Stable Beluga and StableLM 2
- Developer: Stability AI
- Parameters: 1.6 billion, 7 billion, 12 billion, 13 billion, and 70 billion
- Access: Open
Stability AI is the group behind Stable Diffusion, one of the best AI image generators. They've also released a handful of open LLMs based on Llama, including Stable Beluga and StableLM 2, although they're nowhere near as popular as the image generator.
Coral
- Developer: Cohere
- Parameters: Unknown
- Access: API
Like Claude 3, Cohere's Coral LLM is designed for enterprise users. It similarly offers an API and allows organizations to train versions of its model on their own data, so it can accurately respond to specific queries from employees and customers.
Falcon
- Developer: Technology Innovation Institute
- Parameters: 1.3 billion, 7.5 billion, 40 billion, and 180 billion
- Access: Open
Falcon is a family of open LLMs that have consistently performed well in the various AI benchmarks. It has models with up to 180 billion parameters and can outperform older models like GPT-3.5 in some tasks. It's released under a permissive Apache 2.0 license, so it's suitable for commercial and research use.
DBRX
- Developer: Databricks and Mosaic
- Parameters: 132 billion
- Access: Open
Databricks' DBRX LLM is the successor to Mosaic's MPT-7B and MPT-30B LLMs. It's one of the most powerful open LLMs. Interestingly, it's not built on top of Meta's Llama model, unlike a lot of other open models.
DBRX surpasses or equals previous generation closed LLMs like GPT-3.5 on most benchmarks—though it is available under an open license.
Mixtral 8x7B and 8x22B
- Developer: Mistral
- Parameters: 45 billion and 141 billion
- Access: Open
Mistral's Mixtral 8x7B and 8x22B models use a series of sub-systems to efficiently outperform larger models. Despite having significantly fewer parameters (and thus being capable of running faster or on less powerful hardware), they're able to beat other models like Llama 2 and GPT-3.5 in some benchmarks. They're also released under an Apache 2.0 license.

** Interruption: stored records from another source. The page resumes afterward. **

-- ===== src/Ssl/Flags.antt =====
-- The flags of SSL::Client: which of connecting, connected, handshaking and handshaked go together, and
-- which operations are outstanding with them.
use cxx_server.Common.{
  ℕ, ◌≡◌, refl, Bool, true, false, if_rule, List, [], ◌∷◌, ◌++◌, Option, none, some, arith,
}
use cxx_server.Asio.{ErrorCode, Executor}
use cxx_server.Client.{
  Client, Task, send_task, connect_task, disconnect_task, executor, call, on_connect, on_handshaked,
  enqueue, disconnect, clear_buffs,
}
use cxx_server.Client.Handlers.{set_up, tell_empty}
use cxx_server.Ssl.Client.{
  SslClient, shut_down, virtuals, ssl_disconnect, ssl_disconnect_async, is_engaged, finish_connect,
  ssl_connect, ssl_connect_async, ssl_connect_handler, connect_endpoint, perform, run_first,
  end_connect,
}
use cxx_server.Ssl.Keeps.{Keeps, shut_down-Keeps, refuse-Keeps, try_send-Keeps}

-- An outstanding operation, if the flag says so.
abbrev pub one_if : Bool → Executor → List Executor
one_if true x = x ∷ []
one_if false x = []

pub record Flags (s : SslClient) : Type 0 where
  pub shaken : s.handshaked ≡ true → s.client.connected ≡ true
  pub settled : s.handshaked ≡ true → s.handshaking ≡ false
  pub shaking : s.handshaking ≡ true → s.client.connected ≡ true
  pub fresh : s.client.connecting ≡ true → s.client.connected ≡ false
  pub connect_out : s.client.connects ≡ one_if s.client.connecting (executor s.client)
  pub handshake_out : s.handshakes ≡ one_if s.handshaking (executor s.client)

pub client-Flags :
    (s : SslClient) (d : Client) → Keeps s.client d → Flags s → Flags (record s { client = d })
client-Flags s d k i = ground arith

pub ssl_disconnect-Flags : (s : SslClient) → Flags s → Flags (ssl_disconnect s).0
unfolding ssl_disconnect disconnect clear_buffs
ssl_disconnect-Flags s i = ground arith

enqueue-Keeps : (t : Task) (c : Client) → Keeps c (enqueue t c)
enqueue-Keeps t c = ground arith

pub ssl_disconnect_async-Flags :
    (d inside : Bool) (s : SslClient) → Flags s → Flags (ssl_disconnect_async d inside s).0
unfolding ssl_disconnect_async
ssl_disconnect_async-Flags d inside s i = ground (
  arith,
  client-Flags s (shut_down s.handshaking s.client) (shut_down-Keeps s.handshaking s.client) i,
  client-Flags s (enqueue disconnect_task s.client) (enqueue-Keeps disconnect_task s.client) i,
)

-- A client that is not engaged becomes connected.
set_up-Flags :
    (space : ℕ) (s : SslClient)
    → is_engaged s ≡ false
    → Flags s
    → Flags (record s { client = call on_connect (set_up space s.client) })
unfolding set_up
set_up-Flags space s e i = ground arith

pub shaken-Flags :
    (s : SslClient)
    → s.client.connected ≡ true
    → s.handshaking ≡ false
    → Flags s
    → Flags (record s { handshaked = true })
shaken-Flags s c h i = ground arith

greeted-Keeps : (c : Client) → Keeps c (tell_empty (call on_handshaked c))
unfolding tell_empty
greeted-Keeps c = ground arith

finish_connect-Flags :
    (e : Option ErrorCode) (s : SslClient)
    → s.client.connected ≡ true
    → s.handshaking ≡ false
    → Flags s
    → Flags (finish_connect e s).0
unfolding finish_connect
finish_connect-Flags none s c h i =
    client-Flags (record s { handshaked = true }) (tell_empty (call on_handshaked s.client))
      (greeted-Keeps s.client) (shaken-Flags s c h i)
finish_connect-Flags (some e) s c h i = client-Flags s _ (refuse-Keeps (virtuals s) e s.client) i

set_up_connected : (space : ℕ) (c : Client) → (set_up space c).connected ≡ true
unfolding set_up
set_up_connected space c = refl

pub ssl_connect-Flags :
    (e : Option ErrorCode) (space : ℕ) (shaken : Option ErrorCode) (s : SslClient)
    → Flags s
    → Flags (ssl_connect e space shaken s).0
unfolding ssl_connect
ssl_connect-Flags none space shaken s i =
    if_rule (λ (r : SslClient × Bool). Flags r.0) (is_engaged s) _ _ (λ busy. i)
      (λ free.
        finish_connect-Flags shaken (record s { client = call on_connect (set_up space s.client) })
          (set_up_connected space s.client) (ground arith) (set_up-Flags space s free i))
ssl_connect-Flags (some c) space shaken s i =
    if_rule (λ (r : SslClient × Bool). Flags r.0) (is_engaged s) _ _ (λ busy. i)
      (λ free. client-Flags s _ (refuse-Keeps (virtuals s) c s.client) i)

pub ssl_connect_async-Flags : (s : SslClient) → Flags s → Flags (ssl_connect_async s).0
unfolding ssl_connect_async
ssl_connect_async-Flags s i =
    ground (
      arith,
      client-Flags s (enqueue connect_task s.client) (enqueue-Keeps connect_task s.client) i,
    )

ssl_connect_handler-Flags : (s : SslClient) → Flags s → Flags (ssl_connect_handler s)
unfolding ssl_connect_handler
ssl_connect_handler-Flags s i = ground arith

posted-Flags :
    (ts : List (Executor × Task)) (s : SslClient)
    → Flags s
    → Flags (record s { client = record s.client { posted = ts } })
posted-Flags ts s i = ground arith

perform-Flags : (t : Task) (s : SslClient) → Flags s → Flags (perform t s)
unfolding perform
perform-Flags send_task s i = client-Flags s _ (try_send-Keeps (virtuals s) s.client) i
perform-Flags connect_task s i = ssl_connect_handler-Flags s i
perform-Flags disconnect_task s i = client-Flags s _ (shut_down-Keeps s.handshaking s.client) i

pub run_first-Flags :
    (ts : List (Executor × Task)) (s : SslClient) → Flags s → Flags (run_first ts s)
unfolding run_first
run_first-Flags [] s i = i
run_first-Flags ((x, t) ∷ rest) s i = perform-Flags t _ (posted-Flags rest s i)

-- The connect that was outstanding is no longer, and the client is not connecting.
arrived-Flags :
    (x : Executor) (rest : List Executor) (s : SslClient)
    → s.client.connects ≡ x ∷ rest
    → Flags s
    → Flags (record s { client = record s.client { connects = rest; connecting = false } })
arrived-Flags x rest s q i = ground arith

shake-Flags :
    (space : ℕ) (s : SslClient)
    → is_engaged s ≡ false
    → Flags s
    → Flags (record s {
      client = call on_connect (set_up space s.client);
      handshaking = true;
      handshakes = s.handshakes ++ executor s.client ∷ [];
    })
unfolding set_up
shake-Flags space s e i = ground arith

connect_endpoint-Flags :
    (e : Option ErrorCode) (space : ℕ) (s : SslClient)
    → Flags (record s { client = record s.client { connecting = false } })
    → Flags (connect_endpoint e space s)
unfolding connect_endpoint
connect_endpoint-Flags none space s i =
    let t : SslClient = record s { client = record s.client { connecting = false } } in
    if_rule Flags (is_engaged t) _ _ (λ busy. i) (λ free. shake-Flags space t free i)
connect_endpoint-Flags (some c) space s i =
    let t : SslClient = record s { client = record s.client { connecting = false } } in
    if_rule Flags (is_engaged t) _ _ (λ busy. i)
      (λ free. client-Flags t _ (refuse-Keeps (virtuals t) c t.client) i)

pub end_connect-Flags :
    (e : Option ErrorCode) (space : ℕ) (xs : List Executor) (s : SslClient)
    → s.client.connects ≡ xs
    → Flags s
    → Flags (end_connect e space xs s)
unfolding end_connect
end_connect-Flags e space [] s q i = i
end_connect-Flags e space (x ∷ rest) s q i =
    connect_endpoint-Flags e space (record s { client = record s.client { connects = rest } })
      (arrived-Flags x rest s q i)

Mistral has also released a more direct GPT competitor called Mistral Large that's available through cloud computing platforms.
XGen-7B
- Developer: Salesforce
- Parameters: 7 billion
- Access: Open
Salesforce's XGen-7B isn't an especially powerful or popular open model—it performs about as well as other open models with seven billion parameters. But I still think it's worth including because it highlights how many large tech companies have AI and machine learning departments that can just develop and launch their own LLMs.
Grok
- Developer: xAI
- Parameters: Unknown
- Access: Chatbot and open
Grok, an AI model and chatbot trained on data from X (formerly Twitter), doesn't really warrant a place on this list on its own merits as it's not very popular nor particularly good. Still, I'm listing it here because it was developed by xAI, the AI company founded by Elon Musk. While it might not be making waves in the AI scene, it's still getting plenty of media coverage, so it's worth knowing it exists.